### EXERCISE AIM
From the entries below, copy each line in which the word "address" occurs.

### INPUT
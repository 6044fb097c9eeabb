-- ===== src/Text/Plain.antt =====
-- The bytes that stand for themselves in the query of an address: what net/url does not escape.
use simplex_go.Base.{ℕ, ◌≡◌, ap, Bool, true, false, ◌&&◌, ◌||◌, [], ◌∷◌, leb, ◌==◌, All, Bytes}
use simplex_go.Text.Strings.{Lacks}

-- not shouldEscape(c, encodeQueryComponent)
abbrev pub is_unreserved : ℕ → Bool
is_unreserved c =
    (leb b'a' c && leb c b'z')
    || (leb b'A' c && leb c b'Z')
    || (leb b'0' c && leb c b'9')
    || c == b'-'
    || c == b'_'
    || c == b'.'
    || c == b'~'

abbrev pub IsPlain : ℕ → Type 0
IsPlain c = is_unreserved c ≡ true

-- A text of such bytes has none of the bytes that separate the parts of an address.
pub Lacks-plain : (c : ℕ) (s : Bytes) → is_unreserved c ≡ false → All IsPlain s → Lacks c s
Lacks-plain c [] h all = tt
Lacks-plain c (b ∷ bs) h all = (λ e. cc (h, all.0, ap is_unreserved e), Lacks-plain c bs h all.1)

### THE COMPLETED TASK
-- The bytes that stand for themselves in the query of an address: what net/url does not escape.
-- A text of such bytes has none of the bytes that separate the parts of an address.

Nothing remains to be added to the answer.